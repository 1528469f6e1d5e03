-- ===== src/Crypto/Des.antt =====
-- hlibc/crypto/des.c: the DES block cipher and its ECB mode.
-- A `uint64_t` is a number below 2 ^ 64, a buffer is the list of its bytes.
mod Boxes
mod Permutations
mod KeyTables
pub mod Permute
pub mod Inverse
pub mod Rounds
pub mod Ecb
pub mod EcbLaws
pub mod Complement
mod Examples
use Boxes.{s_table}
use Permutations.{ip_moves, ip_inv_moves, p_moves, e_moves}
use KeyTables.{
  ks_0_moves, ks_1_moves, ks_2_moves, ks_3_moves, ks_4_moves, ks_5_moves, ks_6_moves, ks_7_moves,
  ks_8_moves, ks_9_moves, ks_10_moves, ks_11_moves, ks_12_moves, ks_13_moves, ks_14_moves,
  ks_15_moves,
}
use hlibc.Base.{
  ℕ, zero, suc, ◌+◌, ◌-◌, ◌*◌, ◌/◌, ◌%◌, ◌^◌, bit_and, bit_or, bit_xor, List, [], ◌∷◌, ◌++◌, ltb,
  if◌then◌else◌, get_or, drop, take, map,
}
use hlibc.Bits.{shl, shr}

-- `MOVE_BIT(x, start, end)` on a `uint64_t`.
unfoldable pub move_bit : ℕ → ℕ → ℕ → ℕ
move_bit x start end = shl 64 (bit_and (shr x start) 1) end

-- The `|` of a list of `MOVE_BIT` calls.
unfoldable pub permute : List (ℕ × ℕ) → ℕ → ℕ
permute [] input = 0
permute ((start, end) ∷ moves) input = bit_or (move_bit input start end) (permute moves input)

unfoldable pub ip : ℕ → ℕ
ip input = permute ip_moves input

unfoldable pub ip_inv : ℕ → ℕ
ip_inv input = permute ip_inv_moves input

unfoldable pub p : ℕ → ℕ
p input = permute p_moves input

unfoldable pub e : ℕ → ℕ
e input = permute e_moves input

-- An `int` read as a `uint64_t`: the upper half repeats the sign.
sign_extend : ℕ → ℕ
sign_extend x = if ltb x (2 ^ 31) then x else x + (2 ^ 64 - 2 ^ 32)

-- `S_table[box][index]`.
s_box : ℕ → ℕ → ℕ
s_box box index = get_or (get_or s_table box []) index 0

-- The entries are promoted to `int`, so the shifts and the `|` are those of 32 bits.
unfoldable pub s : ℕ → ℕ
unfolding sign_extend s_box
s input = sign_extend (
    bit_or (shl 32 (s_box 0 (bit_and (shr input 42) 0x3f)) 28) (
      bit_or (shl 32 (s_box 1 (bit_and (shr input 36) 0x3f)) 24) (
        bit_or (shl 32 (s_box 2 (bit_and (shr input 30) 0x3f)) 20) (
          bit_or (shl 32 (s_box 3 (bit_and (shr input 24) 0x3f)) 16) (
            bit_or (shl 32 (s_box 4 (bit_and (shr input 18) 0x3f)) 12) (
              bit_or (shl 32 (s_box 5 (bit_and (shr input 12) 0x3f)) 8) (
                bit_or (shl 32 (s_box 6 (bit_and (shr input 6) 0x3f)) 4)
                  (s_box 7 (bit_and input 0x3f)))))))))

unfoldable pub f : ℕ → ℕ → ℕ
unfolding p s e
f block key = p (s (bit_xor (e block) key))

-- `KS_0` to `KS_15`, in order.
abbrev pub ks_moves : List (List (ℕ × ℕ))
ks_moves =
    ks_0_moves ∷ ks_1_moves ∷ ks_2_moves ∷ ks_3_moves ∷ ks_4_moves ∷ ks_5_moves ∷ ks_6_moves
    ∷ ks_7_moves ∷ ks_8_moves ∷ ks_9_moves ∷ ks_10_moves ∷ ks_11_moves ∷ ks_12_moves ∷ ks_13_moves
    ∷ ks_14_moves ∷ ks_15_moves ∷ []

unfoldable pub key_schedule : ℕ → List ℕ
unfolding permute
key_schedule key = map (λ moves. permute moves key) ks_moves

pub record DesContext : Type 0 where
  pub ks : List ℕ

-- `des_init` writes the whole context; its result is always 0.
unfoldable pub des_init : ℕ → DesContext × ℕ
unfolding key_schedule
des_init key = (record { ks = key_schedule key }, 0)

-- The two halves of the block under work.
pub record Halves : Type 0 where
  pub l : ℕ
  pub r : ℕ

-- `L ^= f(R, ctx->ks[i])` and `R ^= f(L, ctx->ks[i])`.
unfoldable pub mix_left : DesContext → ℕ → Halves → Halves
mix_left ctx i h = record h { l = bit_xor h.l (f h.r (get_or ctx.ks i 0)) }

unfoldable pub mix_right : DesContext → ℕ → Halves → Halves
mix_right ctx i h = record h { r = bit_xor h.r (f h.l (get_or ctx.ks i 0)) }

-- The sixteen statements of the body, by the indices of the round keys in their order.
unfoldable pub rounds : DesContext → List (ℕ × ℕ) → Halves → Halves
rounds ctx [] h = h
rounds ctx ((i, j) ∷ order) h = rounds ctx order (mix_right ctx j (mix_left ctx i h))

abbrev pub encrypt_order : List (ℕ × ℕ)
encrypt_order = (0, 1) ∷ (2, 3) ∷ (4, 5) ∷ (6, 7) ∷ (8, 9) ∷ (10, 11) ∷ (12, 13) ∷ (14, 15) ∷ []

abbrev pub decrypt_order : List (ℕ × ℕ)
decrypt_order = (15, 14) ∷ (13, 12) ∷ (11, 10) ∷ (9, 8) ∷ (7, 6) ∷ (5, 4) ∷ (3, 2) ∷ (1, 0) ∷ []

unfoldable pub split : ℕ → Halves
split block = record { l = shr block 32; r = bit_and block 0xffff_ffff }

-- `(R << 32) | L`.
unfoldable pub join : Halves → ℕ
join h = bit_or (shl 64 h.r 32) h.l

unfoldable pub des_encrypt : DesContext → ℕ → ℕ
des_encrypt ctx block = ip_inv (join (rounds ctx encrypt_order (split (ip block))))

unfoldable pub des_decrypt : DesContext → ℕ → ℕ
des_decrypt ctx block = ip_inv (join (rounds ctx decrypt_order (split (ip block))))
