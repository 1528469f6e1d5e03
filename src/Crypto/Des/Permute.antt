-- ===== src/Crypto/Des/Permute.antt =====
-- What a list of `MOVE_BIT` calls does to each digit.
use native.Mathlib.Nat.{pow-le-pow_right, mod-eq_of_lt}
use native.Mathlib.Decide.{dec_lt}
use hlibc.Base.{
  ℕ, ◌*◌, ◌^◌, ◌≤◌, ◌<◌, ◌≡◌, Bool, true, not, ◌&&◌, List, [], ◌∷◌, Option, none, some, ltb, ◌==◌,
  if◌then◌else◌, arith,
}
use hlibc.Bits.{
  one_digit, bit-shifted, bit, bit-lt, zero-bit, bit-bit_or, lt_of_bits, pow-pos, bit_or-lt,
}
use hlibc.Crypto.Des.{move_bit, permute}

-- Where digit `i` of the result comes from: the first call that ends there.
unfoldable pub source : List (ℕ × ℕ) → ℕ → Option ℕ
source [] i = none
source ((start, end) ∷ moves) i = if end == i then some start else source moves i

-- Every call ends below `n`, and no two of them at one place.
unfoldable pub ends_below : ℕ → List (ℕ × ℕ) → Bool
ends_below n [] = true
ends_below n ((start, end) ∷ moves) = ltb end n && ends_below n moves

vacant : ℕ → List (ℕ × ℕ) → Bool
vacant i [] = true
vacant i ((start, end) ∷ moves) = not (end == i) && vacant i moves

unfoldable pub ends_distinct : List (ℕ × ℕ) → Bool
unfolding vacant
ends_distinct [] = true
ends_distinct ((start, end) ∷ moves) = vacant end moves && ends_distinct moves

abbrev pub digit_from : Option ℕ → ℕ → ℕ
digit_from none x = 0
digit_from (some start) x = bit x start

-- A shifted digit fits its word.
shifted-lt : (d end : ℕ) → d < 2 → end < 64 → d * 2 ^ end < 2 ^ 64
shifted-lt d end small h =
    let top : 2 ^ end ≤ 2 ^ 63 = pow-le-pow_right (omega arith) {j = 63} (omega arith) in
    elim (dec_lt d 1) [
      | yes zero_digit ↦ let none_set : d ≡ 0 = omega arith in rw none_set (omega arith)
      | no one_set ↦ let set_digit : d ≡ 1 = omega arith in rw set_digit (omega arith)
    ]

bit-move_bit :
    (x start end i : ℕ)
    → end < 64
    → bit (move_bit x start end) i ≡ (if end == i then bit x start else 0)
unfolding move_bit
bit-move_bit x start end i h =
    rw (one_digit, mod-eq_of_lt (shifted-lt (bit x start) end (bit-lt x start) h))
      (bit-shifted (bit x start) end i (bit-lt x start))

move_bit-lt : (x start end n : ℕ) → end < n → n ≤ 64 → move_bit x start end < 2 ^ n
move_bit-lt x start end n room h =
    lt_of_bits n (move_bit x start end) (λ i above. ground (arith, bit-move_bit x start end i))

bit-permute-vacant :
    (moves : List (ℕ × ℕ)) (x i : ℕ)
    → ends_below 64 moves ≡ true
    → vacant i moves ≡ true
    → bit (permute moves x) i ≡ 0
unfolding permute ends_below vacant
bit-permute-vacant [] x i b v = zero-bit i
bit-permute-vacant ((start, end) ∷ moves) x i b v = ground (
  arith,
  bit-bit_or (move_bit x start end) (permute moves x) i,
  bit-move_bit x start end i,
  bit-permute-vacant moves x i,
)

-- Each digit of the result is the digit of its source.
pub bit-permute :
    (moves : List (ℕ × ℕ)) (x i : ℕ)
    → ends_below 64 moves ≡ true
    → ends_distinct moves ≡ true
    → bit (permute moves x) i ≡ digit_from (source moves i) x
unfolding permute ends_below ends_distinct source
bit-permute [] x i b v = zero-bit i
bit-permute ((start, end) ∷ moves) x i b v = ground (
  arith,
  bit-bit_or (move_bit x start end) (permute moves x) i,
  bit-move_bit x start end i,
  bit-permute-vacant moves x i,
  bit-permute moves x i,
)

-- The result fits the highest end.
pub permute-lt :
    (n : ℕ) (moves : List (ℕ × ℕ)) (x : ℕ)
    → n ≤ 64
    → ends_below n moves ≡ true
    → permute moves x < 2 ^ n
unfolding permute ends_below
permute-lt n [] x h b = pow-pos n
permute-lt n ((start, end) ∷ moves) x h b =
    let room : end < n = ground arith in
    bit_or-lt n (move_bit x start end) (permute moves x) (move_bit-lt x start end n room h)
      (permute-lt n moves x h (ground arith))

=======

### WORK TO BE COMPLETED:
If a line comes after the one that contains "unfoldable pub p : ℕ → ℕ", leave it out; return every line of the entries up to that point exactly, starting with the first, with that line included.

### EXERCISE RESPONSE:
repository 1528469f6e1d5e03
-- ===== src/Crypto/Des.antt =====
-- hlibc/crypto/des.c: the DES block cipher and its ECB mode.
-- A `uint64_t` is a number below 2 ^ 64, a buffer is the list of its bytes.
mod Boxes
mod Permutations
mod KeyTables
pub mod Permute
pub mod Inverse
pub mod Rounds
pub mod Ecb
pub mod EcbLaws
pub mod Complement
mod Examples
use Boxes.{s_table}
use Permutations.{ip_moves, ip_inv_moves, p_moves, e_moves}
use KeyTables.{
  ks_0_moves, ks_1_moves, ks_2_moves, ks_3_moves, ks_4_moves, ks_5_moves, ks_6_moves, ks_7_moves,
  ks_8_moves, ks_9_moves, ks_10_moves, ks_11_moves, ks_12_moves, ks_13_moves, ks_14_moves,
  ks_15_moves,
}
use hlibc.Base.{
  ℕ, zero, suc, ◌+◌, ◌-◌, ◌*◌, ◌/◌, ◌%◌, ◌^◌, bit_and, bit_or, bit_xor, List, [], ◌∷◌, ◌++◌, ltb,
  if◌then◌else◌, get_or, drop, take, map,
}
use hlibc.Bits.{shl, shr}

-- `MOVE_BIT(x, start, end)` on a `uint64_t`.
unfoldable pub move_bit : ℕ → ℕ → ℕ → ℕ
move_bit x start end = shl 64 (bit_and (shr x start) 1) end

-- The `|` of a list of `MOVE_BIT` calls.
unfoldable pub permute : List (ℕ × ℕ) → ℕ → ℕ
permute [] input = 0
permute ((start, end) ∷ moves) input = bit_or (move_bit input start end) (permute moves input)

unfoldable pub ip : ℕ → ℕ
ip input = permute ip_moves input

unfoldable pub ip_inv : ℕ → ℕ
ip_inv input = permute ip_inv_moves input

unfoldable pub p : ℕ → ℕ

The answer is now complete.